Your marriage is a sham. If you want a better life, move on and divorce him. It's really simple. Just that first step is the hardest part.


----------



## MattMatt (May 19, 2012)

See a divorce lawyer to at least explore your options.


----------



## HopeForBetterEnding (Feb 13, 2017)

GuyInColorado: I know it's terrible now. But I don't think it's a sham before his affair. Could you explain for me why you think like this? Thanks!

MattMatt: I still want to save my marriage. At least, I don't want to give up before I try.


----------



## MattMatt (May 19, 2012)

HopeForBetterEnding said:


> GuyInColorado: I know it's terrible now. But I don't think it's a sham before his affair. Could you explain for me why you think like this? Thanks!
> 
> MattMatt: I still want to save my marriage. At least, I don't want to give up before I try.


That is why you see a divorce lawyer now so you know what you can do legally. 

That way you can't be blindsided.


----------



## Bibi1031 (Sep 14, 2015)

You two are very young and you haven't had sex in 2 years! What are you doing with this roommate you happen to share a child with? That is why GIC called your marriage a sham. It sadly is a sham. 

Why do you want to stay with a man that cheated on you? Is this part of your culture to allow a man to decide how you are going to live with him for the rest of your life? The love will not come back more than likely. Cut your losses and leave him. Find a real man that can truly love you and not cheat on you. It doesn't have to be right now. Take you time and stop hoping for something that will probably not happen. Are you willing to live with a man that will be your roommate for the rest of your marriage?

I'm sorry that this is harsh, but you are living in denial about your marriage.


----------



## Emerging Buddhist (Apr 7, 2016)

"Attractiveness" is misplaced reasoning when relationships break down... comparisons are created from hurt and take away from our focus of learning what stones really lie in our path.

Are there any complications with you separating from your husband in the country you are currently in with visas or binding agreements?

If not, then it's time to help your husband be aware to the reality that he does not have as much of the control as he thinks. You are not stuck... you cannot go backwards in the relationship and you cannot stay where you are, only one direction to go as you shared that cannot be in a marriage without love and a lot of betrayal.

Can you trust him to not betray you again?

That is a question you need your heart and your mind aligned with... love yourself enough to not be at the end of his indecision, is self mindful and sure you want him back?

Remember, you cannot make him do anything and that things we cannot control are teaching us to let go...


----------



## HopeForBetterEnding (Feb 13, 2017)

@MattMatt: Thanks for your advice. I'll see a lawyer soon!

@Bibi1031: I understand what you said but 2 years without sex is not purposely. During my pregnancy, I had health problem so we couldn't have sex and after that I was exhausted due to childcare. When we had time, he was in his affair's withdrawal. I know a marriage without sex will make my H feel dissatisfied and disconnected, but somehow he always think one of his responsibility is not requiring sex from me when the time is not appropriate. 

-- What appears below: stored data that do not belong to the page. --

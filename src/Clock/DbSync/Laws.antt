-- ===== src/Clock/DbSync/Laws.antt =====
-- The parts of the service on sound rows.
use clock_ha_orchestrator.Prelude.{
  ℕ, ◌≡◌, refl, true, false, not, ◌&&◌, Option, none, some, List, [], ◌∷◌, String, str_eq, ◌==◌,
  All, if-holds,
}
use clock_ha_orchestrator.Prelude.Results.{Succeeds}
use clock_ha_orchestrator.Domain.Enums.{is_unknown}
use clock_ha_orchestrator.Domain.Models.{
  NormalizedBooking, HotelPolicy, Room, RoomRegistry, RoomStateEvaluation, has_physical_room,
}
use clock_ha_orchestrator.Domain.StateMachine.Windows.{Overnight}
use clock_ha_orchestrator.Policy.Control.Service.{ensure_property, ensure_room}
use clock_ha_orchestrator.Policy.Control.Service.Laws.{
  Quiet, Quiet-trans, ensure_property-Quiet, ensure_room-Quiet,
}
use clock_ha_orchestrator.Persistence.Rows.{BookingRow, AssignmentRow, CursorRow, Payload}
use clock_ha_orchestrator.Persistence.Session.{Database}
use clock_ha_orchestrator.Persistence.Session.Queries.{update-All}
use clock_ha_orchestrator.Clock.Registry.{RegistryRows, ensure_rooms, ensure_registry, resolve_room}
use clock_ha_orchestrator.Clock.Bookings.{
  same_identity, same_id, row_id_of, end_assignment, add_known, current_assignment, audit_awaiting,
  booking_columns, booking_or_new, upsert_booking, AssignmentChange, remove_assignment,
  insert_assignment, change_assignment, sync_assignment, audit_unassigned_if_needed,
}
use clock_ha_orchestrator.Clock.Rooms.{SemanticState}
use clock_ha_orchestrator.Clock.Rooms.Soundness.{IsBookingRow, Sound, Keyed, Keeps, Keeps-Sound}
use clock_ha_orchestrator.Clock.DbSync.{
  SyncCursorState, Progress, cursor_or_new, process_booking, process_bookings,
}

-- A booking of the synchronisation that passed its validator, belongs to the property, and stays a
-- night.
abbrev pub IsSynced : String → NormalizedBooking → Type 0
IsSynced key b =
    (str_eq b.property_id key ≡ true)
    × Overnight b
    × ((is_unknown b.booking_status && not b.needs_attention) ≡ false)

pub Keeps-Quiet : (a b : Database) → Quiet b a → Keeps a b
Keeps-Quiet a b q = (q.0.0, q.0.3)

module _ (uuid : ℕ → ℕ) where
  rooms-Keeps :
      (property_id : ℕ) (rooms : List Room) (db : Database)
      → Quiet (ensure_rooms uuid property_id rooms db).0 db
  unfolding ensure_rooms
  rooms-Keeps property_id [] db = ((refl, refl, refl, refl), refl)
  rooms-Keeps property_id (room ∷ rooms) db =
      let row = ensure_room uuid property_id room db in
      Quiet-trans (ensure_rooms uuid property_id rooms row.0).0 row.0 db
        (rooms-Keeps property_id rooms row.0) (ensure_room-Quiet uuid property_id room db)

  rooms-Keyed :
      (property_id : ℕ) (rooms : List Room) (db : Database)
      → All (λ r. str_eq r.key "" ≡ false) rooms
      → All (λ e. str_eq e.room.key "" ≡ false) (ensure_rooms uuid property_id rooms db).1
  unfolding ensure_rooms
  rooms-Keyed property_id [] db k = tt
  rooms-Keyed property_id (room ∷ rooms) db k = (k.0, rooms-Keyed property_id rooms _ k.1)

  pub registry-Quiet :
      (registry : RoomRegistry) (db : Database) → Quiet (ensure_registry uuid registry db).0 db
  unfolding ensure_registry
  registry-Quiet registry db =
      let property = ensure_property uuid registry.property_key db in
      Quiet-trans (ensure_rooms uuid property.1 registry.rooms property.0).0 property.0 db
        (rooms-Keeps property.1 registry.rooms property.0)
        (ensure_property-Quiet uuid registry.property_key db)

  pub registry-Keyed :
      (registry : RoomRegistry) (db : Database)
      → All (λ r. str_eq r.key "" ≡ false) registry.rooms
      → Keyed (ensure_registry uuid registry db).1
  unfolding ensure_registry
  registry-Keyed registry db k = rooms-Keyed _ registry.rooms _ k

  booking_or_new-Sound :
      (property_id : ℕ) (b : NormalizedBooking) (found : Option BookingRow) (db : Database)
      → Overnight b
      → (is_unknown b.booking_status && not b.needs_attention) ≡ false
      → Sound db
      → Sound (booking_or_new uuid property_id b found db).0
  booking_or_new-Sound property_id b none db n u h = (h.0, ((n, u), h.1))
  booking_or_new-Sound property_id b (some row) db n u h = (
    h.0,
    update-All IsBookingRow (λ r. r.id == row.id) (λ r. booking_columns property_id b r.id)
        db.bookings (λ _ _. (n, u)) h.1,
  )

  module _ (property_id booking_id now correlation_id : ℕ) where
    insert-Keeps :
        (b : NormalizedBooking) (room_id : Option ℕ) (affected : List ℕ) (db : Database)
        → Keeps db
            (insert_assignment uuid property_id booking_id now correlation_id b room_id affected
              db).0
    insert-Keeps b none affected db = (refl, refl)
    insert-Keeps b (some id) affected db = (refl, refl)

    change-Keeps :
        (b : NormalizedBooking) (room_id : Option ℕ) (current : Option AssignmentRow)
        (db : Database)
        → Keeps db
            (change_assignment uuid property_id booking_id now correlation_id b room_id current
              db).0
    change-Keeps b room_id none db = insert-Keeps b room_id [] db
    change-Keeps b room_id (some a) db =
        if-holds {A = Database × AssignmentChange} (λ r. Keeps db r.0) (same_identity a b) _ _
          (λ _.
            if-holds {A = Database × AssignmentChange} (λ r. Keeps db r.0)
              (same_id a.room_id room_id) _ _ (λ _. (refl, refl)) (λ _. (refl, refl)))
          (λ _. insert-Keeps b room_id (add_known a.room_id []) (end_assignment a now db))

    remove-Keeps :
        (current : Option AssignmentRow) (db : Database)
        → Keeps db (remove_assignment uuid property_id booking_id now correlation_id current db).0
    remove-Keeps none db = (refl, refl)
    remove-Keeps (some a) db = (refl, refl)

    assignment-Keeps :
        (registry : RegistryRows) (b : NormalizedBooking) (db : Database)
        → Keeps db (sync_assignment uuid property_id booking_id now correlation_id registry b db).0
    unfolding sync_assignment
    assignment-Keeps registry b db =
        if-holds {A = Database × AssignmentChange} (λ r. Keeps db r.0) (has_physical_room b) _ _
          (λ _.
            change-Keeps b (row_id_of (resolve_room registry b)) (current_assignment booking_id db)
              db)
          (λ _. remove-Keeps (current_assignment booking_id db) db)

    awaiting-Keeps :
        (evaluation : Option RoomStateEvaluation) (db : Database)
        → Keeps db (audit_awaiting uuid property_id booking_id now correlation_id evaluation db).0
    awaiting-Keeps none db = (refl, refl)
    awaiting-Keeps (some e) db = (refl, refl)

    unassigned-Keeps :
        (policy : HotelPolicy) (b : NormalizedBooking) (db : Database)
        → Keeps db
            (audit_unassigned_if_needed uuid property_id booking_id now correlation_id policy b
              db).0
    unfolding audit_unassigned_if_needed
    unassigned-Keeps policy b db = awaiting-Keeps _ db

pub cursor_or_new-Keeps :
    (property_id : ℕ) (source : String) (next : SyncCursorState) (now : ℕ)
    (found : Option CursorRow) (db : Database)
    → Keeps db (cursor_or_new property_id source next now found db)
cursor_or_new-Keeps property_id source next now none db = (refl, refl)
cursor_or_new-Keeps property_id source next now (some row) db = (refl, refl)

module _ (uuid : ℕ → ℕ) (serialize : Payload → String) (hash : SemanticState → String)
    (prefix : String) (registry : RoomRegistry) (policy : HotelPolicy)
    (cursor_source : String) where
  process_booking-Sound :
      (rows : RegistryRows) (now correlation_id : ℕ) (b : NormalizedBooking)
      (before : Database × Progress)
      → IsSynced registry.property_key b
      → Sound before.0
      → Sound
          (process_booking uuid serialize hash prefix registry policy cursor_source rows now
            correlation_id b before).0
  unfolding process_booking upsert_booking
  process_booking-Sound rows now correlation_id b (db, before) s h =
      let row = upsert_booking uuid rows.property_id b db in
      let change = sync_assignment uuid rows.property_id row.1 now correlation_id rows b row.0 in
      let sound : Sound row.0 = booking_or_new-Sound uuid rows.property_id b _ db s.1 s.2 h in
      let changed : Sound change.0 =
        Keeps-Sound row.0 change.0
          (assignment-Keeps uuid rows.property_id row.1 now correlation_id rows b row.0) sound in
      if-holds {A = Database × ℕ} (λ r. Sound r.0) (has_physical_room b) _ _ (λ _. changed)
        (λ _.
          Keeps-Sound change.0
            (audit_unassigned_if_needed uuid rows.property_id row.1 now correlation_id policy b
              change.0).0
            (unassigned-Keeps uuid rows.property_id row.1 now correlation_id policy b change.0)
            changed)

  pub process_bookings-Sound :
      (rows : RegistryRows) (now correlation_id : ℕ) (bs : List NormalizedBooking)
      (before : Database × Progress)
      → All (IsSynced registry.property_key) bs
      → Sound before.0
      → Succeeds
          (λ p. Sound p.0)
          (process_bookings uuid serialize hash prefix registry policy cursor_source rows now
            correlation_id bs before)
  unfolding process_bookings
  process_bookings-Sound rows now correlation_id [] before s h = h
  process_bookings-Sound rows now correlation_id (b ∷ bs) before s h = rw s.0.0 (
      process_bookings-Sound rows now correlation_id bs _ s.1
        (process_booking-Sound rows now correlation_id b before s.0 h))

The reason I want to stay is that I love him. Besides, he said he want to stay in our marriage so he ended his EA, but he hasn't got out of the fog. I think we need time but currently I feel lost and don't know what to do.

@Emerging Buddhist: Thanks for your reply. My husband totally understand that I can have my choice. He said he want sometime to work our marriage out. After that, if we can't save our marriage, he'll let me go. I love myself enough to get out of a marriage without love. However, before that, I want to try to save it. I don't want to have any regret, maybe for myself and maybe for my daughter.


----------



## EleGirl (Dec 3, 2011)

You say that he will not go along with a divorce so you have not pursued it. You do not need his agreement for a divorce. The way it works is that you file for divorce and have him served. Your lawyer will take care of this. If you want a divorce, just do it.

You say that your sex life has not been good, that you only had sex a few times after you married and then you got pregnant. How many months were you married before you got pregnant. How far into your pregnancy did your complications start? How often did you have sex with your husband before you started to have complications from the pregnancy?


----------



## 1111volcano (May 25, 2016)

I'd say it's time to leave. You can't change him and sounds like he no longer loves you. Time for a divorce weather he likes it or not. Im srry good luck out there.

Sent from my XT1585 using Tapatalk


----------



## SunCMars (Feb 29, 2016)

I will write these words for someone whose first language is not English.

Men, normally, marry women for all of their life. Sometimes divorce happens.

Men normally marry women because they love them. They love to hold their wife in their arms. They hold them in their arms during the day. And in their arms when both bodies are naked.

When a husband lays down with their wife and she is naked, he will always try to make love to her. He cannot help himself. He loves her. Most men show their wife love by making love.

A good husband is always protective of his wife. He wants to keep her safe. He wants to protect her from other men. He wants her for himself.

He wants her to be happy. A husband knows if a wife is happy, she will make him happy. She will gladly give him the sex that he wants so badly. 

Some young men do not know these things that I have written. No one has taught them. If they come from a family or village where the women are treated badly, he may think that this behavior towards women and towards wives are normal.

Your husband is not normal.

Someone needs to teach him about marriage, marriage responsibilities, and being a good husband and father.

Someone needs to teach him how to make love to a very good wife. 

If he will not learn. If he can not learn, then you need to find a better man.

Good Luck, God Bless.


----------